Today’s Slylock has what strikes me as a pretty big disconnect between the text and the art. The narrative we’re presented with asks us to believe that it’s Max who was lagging behind, and Slylock who has to still forge ahead to complete their mission. But check out what they actually look like: Max dynamically striding forward into adventure, looking over his shoulder at his companion, who’s desperately clinging to the broken bridge with a look of panic on his face. It’s almost as if these tales aren’t being written by their true hero, isn’t it? Anyway, here’s hoping Max crumples that map into a ball, tosses it into the ravine while Slylock watches, and heads off into the jungle, never looking back.

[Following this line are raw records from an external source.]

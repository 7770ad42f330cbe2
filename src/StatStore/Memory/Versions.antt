-- ===== src/StatStore/Memory/Versions.antt =====
-- The versions of a log in memory: they only grow, so of two updates of one version one is refused.
use dzzzr_cli.Base.{
  ℕ, ◌+◌, ◌≤◌, ◌≡◌, refl, sym, ap, ◌∙◌, subst, Bool, true, not, Option, some, inl, inr, ◌⊎◌, List,
  [], ◌∷◌, arith, All, ltb, ◌==◌, length, Text, text_eq, eq_of-text_eq, Bool-cases,
}
use dzzzr_cli.StatStore.Logs.{StoredLog, Services, RoundTrips, max_log_bytes}
use dzzzr_cli.StatStore.Memory.{
  Memory, bytes_at, save_bytes, save, create_drawn, create_built, create, load_bytes, load,
  update_built, update_loaded, update,
}

module _ {Config : Type 0} (v : Services Config) where
  -- What is stored under an identifier decodes to a log that has it.
  unfoldable pub IsStored : Text × Text → Type 0
  IsStored (id, b) = (l : StoredLog Config) × ((v.decode b ≡ inr l) × (l.id ≡ id))

  -- A log is there, and its version is at least `n`.
  unfoldable pub IsFrom : Text → ℕ → Memory → Type 0
  IsFrom id n s = (l : StoredLog Config) × ((load v id s ≡ inr l) × (n ≤ l.revision))

  pub data Request : Type 0 where
    creates : (name content : Text) (cfg : Option Config) (drawn : Text ⊎ Text) → Request
    updates : (id : Text) (revision : ℕ) (cfg : Config) → Request

  unfoldable pub handle : Request → Memory → Memory
  unfolding create update
  handle (creates name content cfg drawn) s = (create v name content cfg drawn s).1
  handle (updates id revision cfg) s = (update v id revision cfg s).1

  unfoldable pub handle_all : List Request → Memory → Memory
  unfolding handle
  handle_all [] s = s
  handle_all (q ∷ qs) s = handle_all qs (handle q s)

  unfoldable pub draws_other : Text → Text ⊎ Text → Bool
  draws_other id (inl err) = true
  draws_other id (inr drawn) = not (text_eq drawn id)

  -- The request does not draw an identifier that is in use.
  unfoldable pub IsFresh : Text → Request → Type 0
  unfolding draws_other
  IsFresh id (creates name content cfg drawn) = draws_other id drawn ≡ true
  IsFresh id (updates id' revision cfg) = Unit

  module _ (codec : RoundTrips v) where
    save-IsStored :
        (l : StoredLog Config) (s : Memory) → All IsStored s → All IsStored (save v l s).1
    unfolding save save_bytes IsStored
    save-IsStored l s sound = go (v.encode l) refl
      where
        go : (r : Text ⊎ Text) → v.encode l ≡ r → All IsStored (save_bytes v l r s).1
        go (inl err) e = sound
        go (inr b) e = ((l, (codec.decode-encode l b e, refl)), sound)

    save-IsFrom :
        (l : StoredLog Config) (id : Text) (n : ℕ) (s : Memory)
        → (text_eq l.id id ≡ true → n ≤ l.revision)
        → IsFrom id n s
        → IsFrom id n (save v l s).1
    unfolding save save_bytes load bytes_at load_bytes IsFrom
    save-IsFrom l id n s le here = go (v.encode l) refl
      where
        go : (r : Text ⊎ Text) → v.encode l ≡ r → IsFrom id n (save_bytes v l r s).1
        go (inl err) e = here
        go (inr b) e = elim (Bool-cases (text_eq l.id id)) [
          | inl same ↦ (l, (rw same (codec.decode-encode l b e), le same))
          | inr other ↦ (here.0, (rw other here.1.0, here.1.1))
        ]

  -- A creation leaves the memory as it is, or saves the first version.
  create-cases :
      (P : Memory → Type 0) (name content : Text) (cfg : Option Config) (drawn : Text ⊎ Text)
      (s : Memory)
      → P s
      → ((id : Text) (config : Config)
          → drawn ≡ inr id
          → P
              (save v
                (record { id = id; name = name; content = content; config = config; revision = 1 })
                s).1)
      → P (create v name content cfg drawn s).1
  unfolding create create_built create_drawn
  create-cases P name content cfg drawn s same saved =
      elim (Bool-cases (ltb max_log_bytes (length content))) [
        | inl long ↦ rw long same
        | inr fits ↦ rw fits (built (v.build name content cfg) drawn refl)
      ]
    where
      built :
          (r : Text ⊎ Config) (d : Text ⊎ Text)
          → drawn ≡ d
          → P (create_built v name content r d s).1
      built (inl err) d e = same
      built (inr config) (inl err) e = same
      built (inr config) (inr id) e = saved id config e

  -- An update leaves it as it is, or saves the next version of what is there.
  update-cases :
      (P : Memory → Type 0) (id : Text) (revision : ℕ) (cfg : Config) (s : Memory)
      → P s
      → ((l : StoredLog Config) (config : Config)
          → load v id s ≡ inr l
          → l.revision ≡ revision
          → P (save v (record l { config = config; revision = l.revision + 1 }) s).1)
      → P (update v id revision cfg s).1
  unfolding update update_loaded update_built
  update-cases P id revision cfg s same saved = loaded (load v id s) refl
    where
      built :
          (l : StoredLog Config) (r : Text ⊎ Config)
          → load v id s ≡ inr l
          → l.revision ≡ revision
          → P (update_built v l r s).1
      built l (inl err) h e = same
      built l (inr config) h e = saved l config h e

      loaded :
          (r : Text ⊎ StoredLog Config) → load v id s ≡ r → P (update_loaded v revision cfg r s).1
      loaded (inl err) h = same
      loaded (inr l) h = elim (Bool-cases (l.revision == revision)) [
        | inr stale ↦ rw stale same
        | inl current ↦
            rw current (built l (v.build l.name l.content (some cfg)) h (ground (arith, current)))
      ]

  pub load-id :
      (id : Text) (s : Memory) (l : StoredLog Config)
      → All IsStored s
      → load v id s ≡ inr l
      → l.id ≡ id
  unfolding load load_bytes bytes_at IsStored
  load-id id [] l sound h = cc h
  load-id id ((key, b) ∷ s) l sound h = elim (Bool-cases (text_eq key id)) [
    | inl same ↦
        let (k, (decodes, has)) = sound.0 in
        let found : v.decode b ≡ inr l = rw same at h in
        let eq : k ≡ l = cc (decodes, found) in
        sym (ap (λ x. x.id) eq) ∙ has ∙ eq_of-text_eq key id same
    | inr other ↦ load-id id s l sound.1 (rw other at h)
  ]

  module _ (codec : RoundTrips v) where
    pub handle-IsStored : (q : Request) (s : Memory) → All IsStored s → All IsStored (handle q s)
    unfolding handle
    handle-IsStored (creates name content cfg drawn) s sound =
        create-cases (All IsStored) name content cfg drawn s sound
          λ id config e. save-IsStored codec _ s sound
    handle-IsStored (updates id revision cfg) s sound =
        update-cases (All IsStored) id revision cfg s sound
          λ l config h e. save-IsStored codec _ s sound

    handle-IsFrom :
        (id : Text) (n : ℕ) (q : Request) (s : Memory)
        → All IsStored s
        → IsFresh id q
        → IsFrom id n s
        → IsFrom id n (handle q s)
    unfolding handle IsFresh IsFrom draws_other
    handle-IsFrom id n (creates name content cfg drawn) s sound fresh from =
        create-cases (IsFrom id n) name content cfg drawn s from λ id' config e.
          save-IsFrom codec _ id n s
            (λ same. cc (rw same at (subst (λ d. draws_other id d ≡ true) e fresh))) from
    handle-IsFrom id n (updates id' revision cfg) s sound fresh from =
        update-cases (IsFrom id n) id' revision cfg s from λ l config h e.
          save-IsFrom codec _ id n s
            (λ same.
              let there : id' ≡ id = sym (load-id id' s l sound h) ∙ eq_of-text_eq l.id id same in
              let here : load v id s ≡ inr l = subst (λ i. load v i s ≡ inr l) there h in
              let eq : from.0 ≡ l = cc (from.1.0, here) in
              let le : n ≤ l.revision = subst (λ x. n ≤ x.revision) eq from.1.1 in
              omega (arith, le))
            from

    pub handle_all-IsFrom :
        (id : Text) (n : ℕ) (qs : List Request) (s : Memory)
        → All IsStored s
        → All (IsFresh id) qs
        → IsFrom id n s
        → IsFrom id n (handle_all qs s)
    unfolding handle_all
    handle_all-IsFrom id n [] s sound fresh from = from
    handle_all-IsFrom id n (q ∷ qs) s sound fresh from =
        handle_all-IsFrom id n qs (handle q s) (handle-IsStored q s sound) fresh.1
          (handle-IsFrom id n q s sound fresh.0 from)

Barney Google and Snuffy Smith, 6/11/18

While I admit it isn’t for everyone, I really enjoyed the Darren Aronofsky Noah from a few years back (my pocket review is that the it’s the only big-budget biblical epic I’ve seen that has the nerve to get as crazy as the actual bible). One of the key themes of the movie is that for most of the story Noah believes that God plans to kill off all of mankind for its sins; Noah and his family are merely to shepherd the animal species through the Flood, and then once they die of old age, the human race will be justly wiped out. It’s only when he discovers that his daughter-in-law is pregnant that he has to recalibrate his thinking; but what today’s Barney Google and Snuffy Smith asks us to imagine is a word where the Flood is meant as a final and complete act of extermination, not just for man but for the beasts as well. Parson Tuttle is, as usual, wrong: There is an ark, and these creatures are calmly walking one by one into it, each to bear witnes for his or her kind at the complete elimination of all their fellows. All will live out the rest of their lives in contemplation, and eventually perish, leaving the earth cleansed of the filth that is biological life.

Mary Worth, 6/11/18

Hey, remember when Tommy used to date one his co-workers, but then he hurt himself and missed a few days of work, and when he came back she dumped him and he became a Vicodin addict? Then he eventually got fired, which solved the problem of having to work with an ex, but caused more problems in terms of not having a job and spiraling downward into addiction and so forth. But good news! Now he has a job, and there’s a girl at this job that Tommy clearly intends to make his own! His life’s all set, until the dangerous combination of a back injury and a breakup inevitably befalls him again.

Spider-Man, 6/11/18

It’s funny because Iron Fist has immediately taken Spidey’s measure and deemed him not even worth punching with his titular iron fist, and instead has chosen to kick him with what I assume is a regular, non-metallic foot, which appears to be clad in a ballet slipper of some kind.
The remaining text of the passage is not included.